Filter the entries below down to the lines that hold "forwarded".

---------- SUPPLIED RECORDS

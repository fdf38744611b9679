-- ===== src/Middleware/Observe.antt =====
-- pkg/middleware/access/access.go, pkg/middleware/metric/metric.go and
-- pkg/middleware/recovery/recovery.go. A panic passes through the first two, which have no `defer`.
use go_infrastructure.Prelude.{
  ℕ, ◌-◌, ◌/◌, Bool, true, false, Option, none, some, ◌∷◌, GoString, codes, is_empty, if◌then◌else◌,
}
use go_infrastructure.Kratos.Defs.{Platform, internal_server}
use go_infrastructure.Middleware.Handler.{
  Context, Outcome, returned, panicked, crashed, Middleware, operation_of, kind_of,
}
use go_infrastructure.Middleware.World.{World, LogLine}
use go_infrastructure.Middleware.Logid

module _ (P : Platform) where
  open P use {Any, Err, KratosError, as_kratos, reason, error_text, of_kratos}

  unfoldable pub code_of : Option Err → GoString
  code_of none = codes "ok"
  code_of (some e) = elim (as_kratos e) [ some k ↦ reason k | none ↦ codes "error" ]

  abbrev warns : Option Err → Bool
  warns none = false
  warns (some e) = true

  abbrev text_of : Option Err → Option GoString
  text_of none = none
  text_of (some e) = some (error_text e)

  unfoldable pub access_line : {R : Type 0} → Context Any → ℕ → Option Err → World R → LogLine
  unfolding code_of
  access_line ctx start err w = record {
    warn = warns err;
    trace_id = Logid.from_context P ctx;
    kind = kind_of P ctx;
    op = operation_of P ctx;
    code = code_of err;
    latency_ms = (w.clock - start) / 1_000_000;
    err = text_of err;
  }

  log_outcome : {R : Type 0} → Context Any → ℕ → Outcome P × World R → Outcome P × World R
  unfolding access_line
  log_outcome ctx start (returned reply err, w) =
      (returned reply err, record w { log = access_line ctx start err w ∷ w.log })
  log_outcome ctx start (panicked v, w) = (panicked v, w)
  log_outcome ctx start (crashed, w) = (crashed, w)

  unfoldable pub access : {R : Type 0} → Middleware P (World R)
  unfolding log_outcome
  access h ctx req w = log_outcome ctx w.clock (h ctx req w)

  unfoldable pub metric_code : Option Err → GoString
  metric_code none = codes "ok"
  metric_code (some e) = elim (as_kratos e) [
    | none ↦ codes "error"
    | some k ↦ if is_empty (reason k) then codes "error" else reason k
  ]

  count_outcome : {R : Type 0} → Context Any → ℕ → Outcome P × World R → Outcome P × World R
  unfolding metric_code
  count_outcome ctx start (returned reply err, w) = (
    returned reply err,
    record w {
      requests = (kind_of P ctx, operation_of P ctx, metric_code err) ∷ w.requests;
      latencies = (kind_of P ctx, operation_of P ctx, w.clock - start) ∷ w.latencies;
    },
  )
  count_outcome ctx start (panicked v, w) = (panicked v, w)
  count_outcome ctx start (crashed, w) = (crashed, w)

  unfoldable pub metric : {R : Type 0} → Middleware P (World R)
  unfolding count_outcome
  metric h ctx req w = count_outcome ctx w.clock (h ctx req w)

  abbrev pub err_panic : KratosError
  err_panic = internal_server P (codes "PANIC") (codes "handler panicked")

  -- The handler that `recovery.WithHandler` gets.
  unfoldable pub on_panic : {R : Type 0} → Context Any → Any → Any → World R → Err × World R
  on_panic ctx req v w = (of_kratos err_panic, record w { panics = operation_of P ctx ∷ w.panics })
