-- ===== src/Middleware/Ratelimit.antt =====
-- pkg/middleware/ratelimit: ratelimit.go and peer.go. The map of limiters is part of the state; the
-- limiter of x/time/rate is a parameter, and `allow` of it reads the time of the call.
pub mod Trim
pub mod Quota
pub mod Key
pub mod Sample
pub mod Concurrent
mod Tests
use mathlib.Core.Option
use go_infrastructure.Prelude.{
  ℕ, zero, suc, ℤ, pos, Bool, true, false, Option, none, some, List, [], ◌∷◌, GoString, codes,
  is_empty, length, take, lookup, insert, ◌==◌, leb, ◌&&◌, ◌||◌, if◌then◌else◌,
}
use go_infrastructure.Kratos.Defs.{Platform}
use go_infrastructure.Middleware.Handler.{
  Context, Outcome, returned, Handler, Middleware, operation_of,
}

-- The scan of `indexComma`, with `none` for -1.
pub index_comma : GoString → Option ℕ
index_comma [] = none
index_comma (c ∷ s) = if c == b',' then some 0 else Option.map suc (index_comma s)

abbrev pub is_blank : ℕ → Bool
is_blank c = (c == b' ') || (c == b'\t')

-- The first loop of `trim`.
pub trim_front : GoString → GoString
trim_front [] = []
trim_front (c ∷ s) = let rest = trim_front s in if is_blank c then rest else c ∷ s

-- `s[len(s)-1]`, for a text that is not empty, and `s[:len(s)-1]`
abbrev last_byte : GoString → ℕ
last_byte [] = 0
last_byte (c ∷ []) = c
last_byte (c ∷ d ∷ s) = last_byte (d ∷ s)

abbrev without_last : GoString → GoString
without_last [] = []
without_last (c ∷ []) = []
without_last (c ∷ d ∷ s) = c ∷ without_last (d ∷ s)

-- The second loop of `trim`: each round drops a byte, so as many rounds as bytes are enough.
pub trim_back : ℕ → GoString → GoString
trim_back zero s = s
trim_back (suc n) s =
    let rest = trim_back n (without_last s) in
    if is_empty s then s else if is_blank (last_byte s) then rest else s

unfoldable pub trim : GoString → GoString
unfolding trim_front trim_back
trim s = let t = trim_front s in trim_back (length t) t

pub remote_peer : {Any : Type 0} → Context Any → Option GoString
remote_peer ctx = ctx.peer

-- What the package takes from x/time/rate and net: a limiter with its `Allow` at a time, and the
-- host of `net.SplitHostPort`, `none` for its error.
pub record Net : Type 1 where
  pub Limiter : Type 0
  pub new_limiter : ℤ → ℤ → Limiter
  pub allow_at : ℕ → Limiter → Bool × Limiter
  pub split_host : GoString → Option GoString

module _ (N : Net) where
  open N use {Limiter, new_limiter, allow_at, split_host}

  peer_key : Option GoString → GoString
  peer_key none = codes "global"
  peer_key (some p) = elim (split_host p) [ some host ↦ host | none ↦ p ]

  first_hop : GoString → GoString
  first_hop xff = elim (index_comma xff) [ some (suc i) ↦ trim (take (suc i) xff) | _ ↦ trim xff ]

  unfoldable pub default_key : {Any : Type 0} → Context Any → GoString → GoString
  unfolding peer_key first_hop remote_peer
  default_key ctx op = elim (ctx.server) [
    | none ↦ peer_key (remote_peer ctx)
    | some tr ↦
        if is_empty (tr.get (codes "x-forwarded-for"))
        then if is_empty (tr.get (codes "x-real-ip"))
          then peer_key (remote_peer ctx)
          else tr.get (codes "x-real-ip")
        else first_hop (tr.get (codes "x-forwarded-for"))
  ]

  pub record Bucket : Type 0 where
    pub limiters : List (GoString × Limiter)
    pub rps : ℤ
    pub burst : ℤ

  unfoldable pub new_bucket : ℤ → ℤ → Bucket
  new_bucket rps burst = record { limiters = []; rps = rps; burst = burst }

  -- The limiter of a key, made at the first use of the key.
  limiter_for : Bucket → GoString → Limiter
  limiter_for b key = elim (lookup key b.limiters) [ some l ↦ l | none ↦ new_limiter b.rps b.burst ]

  unfoldable pub allow : ℕ → GoString → Bucket → Bool × Bucket
  unfolding limiter_for
  allow now key b =
      let (allowed, l) = allow_at now (limiter_for b key) in
      (allowed, record b { limiters = insert key l b.limiters })

  module _ (P : Platform) where
    open P use {Any, KratosError, of_kratos, new_error}

    pub record Options : Type 0 where
      pub rps : ℤ
      pub burst : ℤ
      pub key : Option (Context Any → GoString → GoString)
      pub skip : Option (GoString → Bool)

    unfoldable pub with_rate : ℤ → ℤ → Options → Options
    with_rate rps burst o = record o { rps = rps; burst = burst }

    pub with_key : (Context Any → GoString → GoString) → Options → Options
    with_key f o = record o { key = some f }

    pub with_skip : (GoString → Bool) → Options → Options
    with_skip f o = record o { skip = some f }

    abbrev pub err_too_many_requests : KratosError
    err_too_many_requests = new_error 429 (codes "RATE_LIMITED") (codes "too many requests")

    abbrev pub skips : Option (GoString → Bool) → GoString → Bool
    skips none op = false
    skips (some f) op = f op

    abbrev pub key_of : Options → Context Any → GoString → GoString
    key_of o ctx op = elim (o.key) [ some f ↦ f ctx op | none ↦ default_key ctx op ]

    -- Where a state of the world keeps the bucket, and the clock that `Allow` reads.
    pub record Holder (S : Type 0) : Type 0 where
      pub bucket : S → Bucket
      pub set_bucket : Bucket → S → S
      pub now : S → ℕ

    pub serve : {S : Type 0} → Holder S → Options → Middleware P S
    serve holder o h ctx req s =
        let op = operation_of P ctx in
        let (allowed, b') = allow (holder.now s) (key_of o ctx op) (holder.bucket s) in
        if skips o.skip op
        then h ctx req s
        else if allowed
        then h ctx req (holder.set_bucket b' s)
        else (returned none (some (of_kratos err_too_many_requests)), holder.set_bucket b' s)

    abbrev pub defaults : Options
    defaults = record { rps = pos 100; burst = pos 200; key = none; skip = none }

    unfoldable pub apply : List (Options → Options) → Options → Options
    apply [] o = o
    apply (opt ∷ opts) o = apply opts (opt o)

    -- `Server`: the bucket that a call of it makes, and the middleware over that bucket.
    unfoldable pub server :
        {S : Type 0} → Holder S → List (Options → Options) → Bucket × Middleware P S
    unfolding apply new_bucket
    server holder opts = let o = apply opts defaults in (new_bucket o.rps o.burst, serve holder o)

--------------------

**RESULT BELOW**
        if is_empty (tr.get (codes "x-forwarded-for"))
        else first_hop (tr.get (codes "x-forwarded-for"))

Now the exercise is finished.